Even though Chibale had obtained a bachelor of science in chemistry and had industry work experience as a chemist, he found himself ill prepared to study at Cambridge. The lack of science exposure growing up and the small chemistry program at the University of Zambia put him at a disadvantage, he says. There was a lot of adjustment to be made, too. Traveling to Cambridge was his first time out of Africa, and he found things like the weather, the food, and even the science in Cambridge to be strange. However, “a disadvantage can be an advantage,” he says. And knowing he was far behind his classmates gave him an extra push to be successful. After obtaining his PhD from Cambridge, he completed postdocs in synthetic organic chemistry at the University of Liverpool and Scripps Research in California. He then found a position at the University of Cape Town.

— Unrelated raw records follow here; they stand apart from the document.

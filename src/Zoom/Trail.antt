-- ===== src/Zoom/Trail.antt =====
-- class PathSimplifier of kv8zoom/PathSimplifier.{h,cpp}. A double is its bit pattern; the distance of
-- a point from a segment and the comparison of doubles are arguments. The recursion of Douglas and
-- Peucker takes fuel, and gives none when it runs out.
use kv8_metrics.Prelude.{
  ℕ, zero, suc, ◌+◌, ◌-◌, ◌/◌, Bool, true, false, not, Option, none, some, List, [], ◌∷◌, ◌++◌,
  length, drop, get_or, set, replicate, ltb, leb, ◌==◌, if◌then◌else◌,
}
use kv8_metrics.Prelude.Int.{ℤ, int_eq}

pub record TrailPoint : Type 0 where
  pub ts_us : ℤ
  pub lat_deg : ℕ
  pub lon_deg : ℕ
  pub alt_m : ℕ

pub record Metric : Type 0 where
  pub less : ℕ → ℕ → Bool
  pub cross_track_dist : (a b p : TrailPoint) → ℕ

abbrev pub max_points : ℕ
max_points = 65536

unfoldable pub append : TrailPoint → List TrailPoint → List TrailPoint
append p pts =
    let longer = pts ++ p ∷ [] in
    if leb max_points (length longer) then drop (max_points / 2) longer else longer

abbrev pub origin : TrailPoint
origin = record { ts_us = ℤ.pos 0; lat_deg = 0; lon_deg = 0; alt_m = 0 }

module _ (mt : Metric) (epsilon : ℕ) (pts : List TrailPoint) where
  -- The distance of the point `i` from the segment between two others. The indices are below the
  -- number of points.
  unfoldable pub deviation : (first last i : ℕ) → ℕ
  deviation first last i =
      mt.cross_track_dist (get_or pts first origin) (get_or pts last origin) (get_or pts i origin)

  -- The loop over `count` points from `i` on, with `maxDist` and `maxIdx`.
  unfoldable pub farthest : (first last count i : ℕ) → ℕ × ℕ → ℕ × ℕ
  unfolding deviation
  farthest first last zero i best = best
  farthest first last (suc count) i best =
      let d = deviation first last i in
      farthest first last count (i + 1) (if mt.less best.0 d then (d, i) else best)

  unfoldable pub and_then :
      Option (List Bool) → (List Bool → Option (List Bool)) → Option (List Bool)
  and_then none f = none
  and_then (some keep) f = f keep

  unfoldable pub douglas_peucker : (fuel first last : ℕ) → List Bool → Option (List Bool)
  unfolding farthest and_then
  douglas_peucker zero first last keep = none
  douglas_peucker (suc fuel) first last keep =
      let best = farthest first last (last - (first + 1)) (first + 1) (0, first) in
      let both =
        and_then (douglas_peucker fuel first best.1 (set keep best.1 true))
          (λ halved. douglas_peucker fuel best.1 last halved) in
      if leb last (first + 1) then some keep else if mt.less epsilon best.0 then both else some keep

unfoldable pub kept_points : List Bool → List TrailPoint → List TrailPoint
kept_points [] pts = []
kept_points (b ∷ keep) [] = []
kept_points (b ∷ keep) (p ∷ pts) = let more = kept_points keep pts in if b then p ∷ more else more

-- The points at `i`, `i + stride`, `i + 2 * stride`, ...
unfoldable pub every : (stride i : ℕ) → List TrailPoint → List TrailPoint
every stride i [] = []
every stride zero (p ∷ pts) = p ∷ every stride (stride - 1) pts
every stride (suc i) (p ∷ pts) = every stride i pts

unfoldable pub back : TrailPoint → List TrailPoint → TrailPoint
back p [] = p
back p (q ∷ pts) = back q pts

-- The subsample, with the tail. The limit is 1 or more, as at the calls.
unfoldable pub with_tail : List TrailPoint → List TrailPoint → List TrailPoint
unfolding back int_eq
with_tail sub result =
    let tail = back origin result in
    if length sub == 0
    then sub ++ tail ∷ []
    else if not (int_eq (back origin sub).ts_us tail.ts_us)
    then sub ++ tail ∷ []
    else sub

unfoldable pub subsample : ℕ → List TrailPoint → List TrailPoint
unfolding every with_tail
subsample max_out result =
    if ltb max_out (length result)
    then with_tail (every (length result / max_out + 1) 0 result) result
    else result

abbrev pub ends_kept : ℕ → List Bool
ends_kept n = set (set (replicate n false) 0 true) (n - 1) true

-- none where the recursion runs out of fuel.
unfoldable pub simplify :
    Metric → (epsilon max_out : ℕ) → List TrailPoint → Option (List TrailPoint)
unfolding douglas_peucker kept_points subsample
simplify mt epsilon max_out [] = some []
simplify mt epsilon max_out (p ∷ []) = some (p ∷ [])
simplify mt epsilon max_out (p ∷ q ∷ more) =
    let pts = p ∷ q ∷ more in
    let n = length pts in
    elim (douglas_peucker mt epsilon pts n 0 (n - 1) (ends_kept n)) [
      | none ↦ none
      | some keep ↦ some (subsample max_out (kept_points keep pts))
    ]
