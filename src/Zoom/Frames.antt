-- ===== src/Zoom/Frames.antt =====
-- The frames of kv8zoom/Frames.h and class FrameAssembler of kv8zoom/FrameAssembler.{h,cpp}. Doubles
-- and floats are bit patterns.
use kv8_metrics.Prelude.{ℕ, Bool, true, ◌&&◌}
use kv8_metrics.Prelude.Int.{ℤ}

pub record NavPayload : Type 0 where
  pub lat_deg : ℕ
  pub lon_deg : ℕ
  pub alt_m : ℕ
  pub vx_ms : ℕ
  pub vy_ms : ℕ
  pub vz_ms : ℕ
  pub gps_fix : ℕ
  pub sats : ℕ
  pub hdop : ℕ
  pub baro_alt_m : ℕ

pub record Triple : Type 0 where
  pub x : ℕ
  pub y : ℕ
  pub z : ℕ

pub record Quaternion : Type 0 where
  pub qw : ℕ
  pub qx : ℕ
  pub qy : ℕ
  pub qz : ℕ

-- AttPayload: the attitude, the rates rx to rz and the accelerations ax to az.
pub record AttPayload : Type 0 where
  pub quat : Quaternion
  pub rates : Triple
  pub accel : Triple

pub record MotPayload : Type 0 where
  pub battery_v : ℕ
  pub m1 : ℕ
  pub m2 : ℕ
  pub m3 : ℕ
  pub m4 : ℕ

pub record WxPayload : Type 0 where
  pub temperature_c : ℕ
  pub humidity_pct : ℕ
  pub pressure_hpa : ℕ
  pub wind_speed_ms : ℕ
  pub wind_dir_deg : ℕ
  pub rain_mm_h : ℕ
  pub uv_index : ℕ

-- NavFrame, AttFrame, MotFrame and WxFrame
pub record Frame (P : Type 0) : Type 0 where
  pub ts_us : ℤ
  pub payload : P

pub record OutputFrame : Type 0 where
  pub nav : NavPayload
  pub nav_ts_us : ℤ
  pub has_nav : Bool
  pub att_quat : Quaternion
  pub att_rates : Triple
  pub att_accel : Triple
  pub att_ts_us : ℤ
  pub has_att : Bool
  pub mot : MotPayload
  pub mot_ts_us : ℤ
  pub has_mot : Bool
  pub wx : WxPayload
  pub wx_ts_us : ℤ
  pub has_wx : Bool

unfoldable pub update_nav : Frame NavPayload → OutputFrame → OutputFrame
update_nav f cur = record cur { nav = f.payload; nav_ts_us = f.ts_us; has_nav = true }

unfoldable pub update_att : ℤ → Quaternion → Frame AttPayload → OutputFrame → OutputFrame
update_att ts_us q raw cur = record cur {
  att_quat = q;
  att_rates = raw.payload.rates;
  att_accel = raw.payload.accel;
  att_ts_us = ts_us;
  has_att = true;
}

unfoldable pub update_mot : Frame MotPayload → OutputFrame → OutputFrame
update_mot f cur = record cur { mot = f.payload; mot_ts_us = f.ts_us; has_mot = true }

unfoldable pub update_wx : Frame WxPayload → OutputFrame → OutputFrame
update_wx f cur = record cur { wx = f.payload; wx_ts_us = f.ts_us; has_wx = true }

unfoldable pub has_minimum_data : OutputFrame → Bool
has_minimum_data cur = cur.has_nav && cur.has_att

At Cape Town, Chibale wears two hats. He has an academic appointment as an organic chemist, and he is the founder of the Drug Discovery and Development Centre, known as H3D. The institute is one of a kind as a major multidisciplinary research center within a university and has even earned the attention of funders like the Bill and Melinda Gates Foundation. Chibale says H3D is building infrastructure for research and bringing scientific talent to South Africa so that scientists can solve problems in drug development locally. In particular, H3D focuses on malaria, tuberculosis, and antimicrobial resistance. Chibale hopes his research will expand to develop preclinical tools to prioritize small molecules according to their predicted pharmacological profile in the African population; this work will aim to improve outcomes from clinical trials that were mostly conducted with Caucasian participants. As important as the research is, creating jobs and building infrastructure in Africa are just as critical, Chibale says. And that infrastructure relates to the COVID-19 pandemic. “We’ve got to build local,” he says, “because that’s the only way that a country is going to respond to a pandemic.”